■ **TASK DESCRIPTION**
What number of lines in the records below hold the word "absent"? Give that number alone.
** Opening TASK INPUT block **
-- ===== src/Game/Version/Libraries.antt =====
-- What the merge of a chain makes of its libraries.
use rc_launcher.Base.{
  ℕ, ◌≡◌, refl, sym, ap, ◌∙◌, true, false, Option, none, some, List, [], ◌∷◌, ◌++◌, map, map-push,
  length, length-map, if◌then◌else◌, Bool-cases, Option-cases, inl, inr,
}
use rc_launcher.Base.Text.{Text, text_eq, text_eq_iff, text_eq_refl, text_eq_comm, lookup, contains}
use rc_launcher.Game.Library.{Library}
use rc_launcher.Game.Version.Index.{
  index_of, index_of-head, index_of-none, index_of-some, Distinct, Distinct-push, index_of-push,
}
use rc_launcher.Game.Version.{
  VersionJson, Libs, set_at, place, place_all, merge_libraries, merge_chain,
}

abbrev pub names : List Library → List Text
names = map (λ l. l.name)

-- The libraries of all the versions, in the order of the chain.
unfoldable pub all_libraries : {V : Type 0} → List (VersionJson V) → List Library
all_libraries [] = []
all_libraries (v ∷ vs) = v.libraries ++ all_libraries vs

-- The names, each at its first place.
unfoldable pub distinct_after : List Text → List Text → List Text
distinct_after ns [] = ns
distinct_after ns (x ∷ xs) = distinct_after (if contains x ns then ns else ns ++ (x ∷ [])) xs

-- The last library of that name; the one that is given, if there is none.
unfoldable pub last_named : Text → Option Library → List Library → Option Library
last_named n o [] = o
last_named n o (l ∷ ls) = last_named n (if text_eq l.name n then some l else o) ls

names-set_at :
    (i : ℕ) (l : Library) (libs : List Library)
    → index_of l.name (names libs) ≡ some i
    → names (set_at i l libs) ≡ names libs
unfolding index_of set_at
names-set_at i l [] h = absurd (cc)
names-set_at i l (m ∷ ms) h = elim (index_of-head l.name m.name (names ms) i h) [
  | inl (e, z) ↦ rw (z) (ap (λ n. n ∷ names ms) (sym ((text_eq_iff m.name l.name).0 e)))
  | inr (e, (j, z, q)) ↦ rw (z) (ap (λ ns. m.name ∷ ns) (names-set_at j l ms q))
]

-- The last libraries when `l` comes behind them.
abbrev with_last : Library → (Text → Option Library) → Text → Option Library
with_last l o n = if text_eq l.name n then some l else o n

module _ (l : Library) (o : Text → Option Library) where
  map-with_last : (ns : List Text) → contains l.name ns ≡ false → map (with_last l o) ns ≡ map o ns
  unfolding contains
  map-with_last [] h = refl
  map-with_last (x ∷ xs) h = elim (Bool-cases (text_eq l.name x)) [
    | inl e ↦ absurd (cc (rw e at h))
    | inr e ↦ rw (e) (ap (λ os. o x ∷ os) (map-with_last xs (rw e at h)))
  ]

  map-set_at :
      (i : ℕ) (libs : List Library)
      → index_of l.name (names libs) ≡ some i
      → Distinct (names libs)
      → map some libs ≡ map o (names libs)
      → map some (set_at i l libs) ≡ map (with_last l o) (names libs)
  unfolding index_of set_at Distinct
  map-set_at i [] h d k = absurd (cc)
  map-set_at i (m ∷ ms) h d k = elim (index_of-head l.name m.name (names ms) i h) [
    | inl (e, z) ↦
        let same : l.name ≡ m.name = sym ((text_eq_iff m.name l.name).0 e) in
        let head : text_eq l.name m.name ≡ true = (text_eq_iff l.name m.name).1 same in
        let rest : map (with_last l o) (names ms) ≡ map o (names ms) =
          map-with_last (names ms) (ap (λ n. contains n (names ms)) same ∙ d.0) in
        rw (z, head, rest) (cc k)
    | inr (e, (j, z, q)) ↦
        let rest : map some (set_at j l ms) ≡ map (with_last l o) (names ms) =
          map-set_at j ms q d.1 (cc k) in
        let other : text_eq l.name m.name ≡ false = text_eq_comm l.name m.name ∙ e in
        let head : some m ≡ o m.name = cc k in rw (z, other, rest, head) refl
  ]

-- The state of the loop, against the names `ns` that it has met, and the last library `o` of each.
record Tracks (s : Libs) (ns : List Text) (o : Text → Option Library) : Type 0 where
  same_names : names s.libs ≡ ns
  indexed : (n : Text) → lookup n s.seen ≡ index_of n ns
  distinct : Distinct ns
  last : map some s.libs ≡ map o ns

-- The names and the last libraries after one more library.
abbrev pub names_with : List Text → Library → List Text
names_with ns l = if contains l.name ns then ns else ns ++ (l.name ∷ [])

place_known :
    (s : Libs) (l : Library) (i : ℕ)
    → lookup l.name s.seen ≡ some i
    → place s l ≡ record s { libs = set_at i l s.libs }
unfolding place
place_known s l i h = rw (place, h) refl

place_new :
    (s : Libs) (l : Library)
    → lookup l.name s.seen ≡ none
    → place s l ≡ record { libs = s.libs ++ (l ∷ []); seen = (l.name, length s.libs) ∷ s.seen }
unfolding place
place_new s l h = rw (place, h) refl

module _ (s : Libs) (ns : List Text) (o : Text → Option Library) (t : Tracks s ns o)
    (l : Library) where
  same_length : length s.libs ≡ length ns
  same_length = sym (length-map (λ m. m.name) s.libs) ∙ ap length t.same_names

  itself : with_last l o l.name ≡ some l
  itself = rw (text_eq_refl l.name) refl

  new_index :
      index_of l.name ns ≡ none
      → (n : Text) → lookup n ((l.name, length s.libs) ∷ s.seen) ≡ index_of n (ns ++ (l.name ∷ []))
  unfolding lookup
  new_index q n = elim (Bool-cases (text_eq l.name n)) [
    | inl e ↦
        let absent : index_of n ns ≡ none =
          ap (λ m. index_of m ns) (sym ((text_eq_iff l.name n).0 e)) ∙ q in
        rw (lookup, index_of-push n l.name ns, absent, e, same_length) refl
    | inr e ↦
        rw (lookup, index_of-push n l.name ns, e, t.indexed n)
          (elim (Option-cases (index_of n ns)) [
            | inl none_there ↦ rw (none_there, e) refl
            | inr (i, there) ↦ rw (there) refl
          ])
  ]

  place-Tracks : Tracks (place s l) (names_with ns l) (with_last l o)
  place-Tracks = elim (Option-cases (index_of l.name ns)) [
    | inr (i, q) ↦
        let here : index_of l.name (names s.libs) ≡ some i = rw (t.same_names) q in
        rw (place_known s l i (t.indexed l.name ∙ q), index_of-some l.name ns i q)
          (record {
            same_names = names-set_at i l s.libs here ∙ t.same_names;
            indexed = t.indexed;
            distinct = t.distinct;
            last =
                map-set_at l o i s.libs here (rw (t.same_names) t.distinct)
                  (rw (t.same_names) t.last)
                ∙ ap (map (with_last l o)) t.same_names;
          })
    | inl q ↦
        rw (place_new s l (t.indexed l.name ∙ q), index_of-none l.name ns q)
          (record {
            same_names =
                map-push (λ m. m.name) s.libs l ∙ ap (λ xs. xs ++ (l.name ∷ [])) t.same_names;
            indexed = new_index q;
            distinct = Distinct-push l.name ns (index_of-none l.name ns q) t.distinct;
            last =
                map-push some s.libs l
                ∙ (ap (λ xs. xs ++ (some l ∷ []))
                      (t.last ∙ sym (map-with_last l o ns (index_of-none l.name ns q)))
                    ∙ (ap (λ x. map (with_last l o) ns ++ (x ∷ [])) (sym itself)
                        ∙ sym (map-push (with_last l o) ns l.name)));
          })
  ]

place_all-Tracks :
    (ls : List Library) (s : Libs) (ns : List Text) (o : Text → Option Library)
    → Tracks s ns o
    → Tracks (place_all s ls) (distinct_after ns (names ls)) (λ n. last_named n (o n) ls)
unfolding place_all distinct_after last_named
place_all-Tracks [] s ns o t = t
place_all-Tracks (l ∷ ls) s ns o t =
    place_all-Tracks ls (place s l) (names_with ns l) (with_last l o) (place-Tracks s ns o t l)

place_all-append :
    (ls ms : List Library) (s : Libs) → place_all s (ls ++ ms) ≡ place_all (place_all s ls) ms
unfolding place_all
place_all-append [] ms s = refl
place_all-append (l ∷ ls) ms s = place_all-append ls ms (place s l)

abbrev start : Libs
start = record { libs = []; seen = [] }

start-Tracks : Tracks start [] (λ n. none)
unfolding lookup index_of Distinct
start-Tracks = record { same_names = refl; indexed = λ n. refl; distinct = tt; last = refl }

module _ {V : Type 0} where
  merge_libraries_lem :
      (chain : List (VersionJson V)) (s : Libs)
      → merge_libraries s chain ≡ place_all s (all_libraries chain)
  unfolding merge_libraries all_libraries place_all
  merge_libraries_lem [] s = refl
  merge_libraries_lem (v ∷ vs) s =
      merge_libraries_lem vs (place_all s v.libraries)
      ∙ sym (place_all-append v.libraries (all_libraries vs) s)

  -- The libraries of a merged chain, first version first: each name once, at the place where it
  -- first occurs, with the last of the libraries of that name.
  pub libraries-merge_chain :
      (chain : List (VersionJson V))
      → map some ((merge_chain chain).libraries)
        ≡ map
            (λ n. last_named n none (all_libraries chain))
            (distinct_after [] (names (all_libraries chain)))
  unfolding merge_chain
  libraries-merge_chain chain =
      let all = all_libraries chain in
      let t : Tracks (place_all start all) (distinct_after [] (names all))
          (λ n. last_named n none all) =
        place_all-Tracks all start [] (λ n. none) start-Tracks in
      ap (λ s. map some s.libs) (merge_libraries_lem chain start) ∙ t.last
** Closing TASK INPUT block **
■ **OUTPUT FOR THIS TASK**
2